Start of Input material

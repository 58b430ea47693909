-- ===== src/Mm/Buddy/Split.antt =====
-- What a split of a block leaves, in kernel/src/mm/phys/buddy.rs.
use theory_os.Base.{
  ℕ, zero, suc, ◌+◌, ◌^◌, ◌<◌, true, false, Option, some, List, [], ◌∷◌, length, get_elem?, set,
  length-set, ltb, ◌≡◌, refl, arith,
}
use theory_os.Mm.Bitmap.{FrameBitmap, set_free, is_free}
use theory_os.Mm.Bitmap.Frames.{IsSized, set_bit_lem}
use theory_os.Mm.Buddy.{BuddyAllocator, FreeBlock, head_of, block, push_block, split}

get_elem-set_self :
    {A : Type 0} (xs : List A) (i : ℕ) (v : A) → i < length xs → get_elem? (set xs i v) i ≡ some v
get_elem-set_self [] i v h = absurd (omega arith)
get_elem-set_self (x ∷ xs) zero v h = refl
get_elem-set_self (x ∷ xs) (suc i) v h = get_elem-set_self xs i v (omega arith)

get_elem_length :
    {A : Type 0} (xs : List A) (i : ℕ) {v : A} → get_elem? xs i ≡ some v → i < length xs
get_elem_length [] i h = absurd (ground arith)
get_elem_length (x ∷ xs) zero h = omega arith
get_elem_length (x ∷ xs) (suc i) h = omega (arith, get_elem_length xs i h)

-- On a list that exists and with a block left in the pool, `push_block` puts the block at the head
-- of its list, before what the list had.
pub push_block_lem :
    (a : BuddyAllocator) (node frame order : ℕ) (lists : List (Option ℕ)) (head : Option ℕ)
    → a.next_block < length a.blocks
    → get_elem? a.free_lists node ≡ some lists
    → get_elem? lists order ≡ some head
    → (a' : BuddyAllocator) × (push_block a node frame order ≡ some a')
      × (head_of a' node order ≡ some (some a.next_block))
      × (block a' a.next_block ≡ some (record { frame = frame; order = order; next = head }))
      × (a'.next_block ≡ suc a.next_block)
      × (length a'.blocks ≡ length a.blocks)
unfolding push_block
push_block_lem a node frame order lists head room row col =
    let spare : ltb a.next_block (length a.blocks) ≡ true = ground arith in
    let new : FreeBlock = record { frame = frame; order = order; next = head } in
    let a' : BuddyAllocator = record {
      free_lists = set a.free_lists node (set lists order (some a.next_block));
      blocks = set a.blocks a.next_block (some new);
      next_block = a.next_block + 1;
    } in
    (
      a',
      rw spare (rw row (rw col refl)),
      rw
          (get_elem-set_self a.free_lists node (set lists order (some a.next_block))
            (get_elem_length a.free_lists node row))
          (get_elem-set_self lists order (some a.next_block) (get_elem_length lists order col)),
      rw (get_elem-set_self a.blocks a.next_block (some new) room) refl,
      omega arith,
      length-set a.blocks a.next_block (some new),
    )

-- On a bitmap whose words reach every frame, for a block of order `order + 1` within the count, with
-- a list for the order and a block left in the pool: one halving ends, and its upper half is then
-- both the first block of its list and free in the bitmap.
pub split_lem :
    (bitmap : FrameBitmap) (a : BuddyAllocator) (node frame order : ℕ) (lists : List (Option ℕ))
    (head : Option ℕ)
    → IsSized bitmap
    → frame + 2 ^ order < bitmap.frame_count
    → a.next_block < length a.blocks
    → get_elem? a.free_lists node ≡ some lists
    → get_elem? lists order ≡ some head
    → (bitmap' : FrameBitmap) × (a' : BuddyAllocator) × (split 1 bitmap a node frame order
        ≡ some (bitmap', a'))
      × (head_of a' node order ≡ some (some a.next_block))
      × (block a' a.next_block
          ≡ some (record { frame = frame + 2 ^ order; order = order; next = head }))
      × (is_free bitmap' (frame + 2 ^ order) ≡ some true)
unfolding split set_free
split_lem bitmap a node frame order lists head sized within room row col =
    let e : order + 0 ≡ order = omega arith in
    let (bitmap', freed, free_now, others, sized', count) =
      set_bit_lem bitmap (frame + 2 ^ order) false sized within in
    let (a', pushed, first, is, next, pool) =
      push_block_lem a node (frame + 2 ^ order) order lists head room row col in
    (bitmap', a', rw e (rw freed (rw pushed refl)), first, is, free_now)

End of Input material

- [Task description]: All records above must be set down exactly, please.

- [Your response]:
repository 58b430ea47693909
-- ===== src/Mm/Buddy/Split.antt =====
-- What a split of a block leaves, in kernel/src/mm/phys/buddy.rs.
use theory_os.Base.{
  ℕ, zero, suc, ◌+◌, ◌^◌, ◌<◌, true, false, Option, some, List, [], ◌∷◌, length, get_elem?, set,
  length-set, ltb, ◌≡◌, refl, arith,
}
use theory_os.Mm.Bitmap.{FrameBitmap, set_free, is_free}
use theory_os.Mm.Bitmap.Frames.{IsSized, set_bit_lem}
use theory_os.Mm.Buddy.{BuddyAllocator, FreeBlock, head_of, block, push_block, split}

get_elem-set_self :
    {A : Type 0} (xs : List A) (i : ℕ) (v : A) → i < length xs → get_elem? (set xs i v) i ≡ some v
get_elem-set_self [] i v h = absurd (omega arith)
get_elem-set_self (x ∷ xs) zero v h = refl
get_elem-set_self (x ∷ xs) (suc i) v h = get_elem-set_self xs i v (omega arith)

get_elem_length :
    {A : Type 0} (xs : List A) (i : ℕ) {v : A} → get_elem? xs i ≡ some v → i < length xs
get_elem_length [] i h = absurd (ground arith)
get_elem_length (x ∷ xs) zero h = omega arith
get_elem_length (x ∷ xs) (suc i) h = omega (arith, get_elem_length xs i h)

-- On a list that exists and with a block left in the pool, `push_block` puts the block at the head
-- of its list, before what the list had.
pub push_block_lem :
    (a : BuddyAllocator) (node frame order : ℕ) (lists : List (Option ℕ)) (head : Option ℕ)
    → a.next_block < length a.blocks
    → get_elem? a.free_lists node ≡ some lists
    → get_elem? lists order ≡ some head
    → (a' : BuddyAllocator) × (push_block a node frame order ≡ some a')
      × (head_of a' node order ≡ some (some a.next_block))
      × (block a' a.next_block ≡ some (record { frame = frame; order = order; next = head }))
      × (a'.next_block ≡ suc a.next_block)
      × (length a'.blocks ≡ length a.blocks)
unfolding push_block
push_block_lem a node frame order lists head room row col =
    let spare : ltb a.next_block (length a.blocks) ≡ true = ground arith in
    let new : FreeBlock = record { frame = frame; order = order; next = head } in
    let a' : BuddyAllocator = record {
      free_lists = set a.free_lists node (set lists order (some a.next_block));
      blocks = set a.blocks a.next_block (some new);
      next_block = a.next_block + 1;
    } in
    (
      a',
      rw spare (rw row (rw col refl)),
      rw
          (get_elem-set_self a.free_lists node (set lists order (some a.next_block))
            (get_elem_length a.free_lists node row))
          (get_elem-set_self lists order (some a.next_block) (get_elem_length lists order col)),
      rw (get_elem-set_self a.blocks a.next_block (some new) room) refl,
      omega arith,
      length-set a.blocks a.next_block (some new),
    )

-- On a bitmap whose words reach every frame, for a block of order `order + 1` within the count, with
-- a list for the order and a block left in the pool: one halving ends, and its upper half is then
-- both the first block of its list and free in the bitmap.
pub split_lem :
    (bitmap : FrameBitmap) (a : BuddyAllocator) (node frame order : ℕ) (lists : List (Option ℕ))
    (head : Option ℕ)
    → IsSized bitmap
    → frame + 2 ^ order < bitmap.frame_count
    → a.next_block < length a.blocks
    → get_elem? a.free_lists node ≡ some lists
    → get_elem? lists order ≡ some head
    → (bitmap' : FrameBitmap) × (a' : BuddyAllocator) × (split 1 bitmap a node frame order
        ≡ some (bitmap', a'))
      × (head_of a' node order ≡ some (some a.next_block))
      × (block a' a.next_block
          ≡ some (record { frame = frame + 2 ^ order; order = order; next = head }))
      × (is_free bitmap' (frame + 2 ^ order) ≡ some true)
unfolding split set_free
split_lem bitmap a node frame order lists head sized within room row col =
    let e : order + 0 ≡ order = omega arith in
    let (bitmap', freed, free_now, others, sized', count) =
      set_bit_lem bitmap (frame + 2 ^ order) false sized within in
    let (a', pushed, first, is, next, pool) =
      push_block_lem a node (frame + 2 ^ order) order lists head room row col in
    (bitmap', a', rw e (rw freed (rw pushed refl)), first, is, free_now)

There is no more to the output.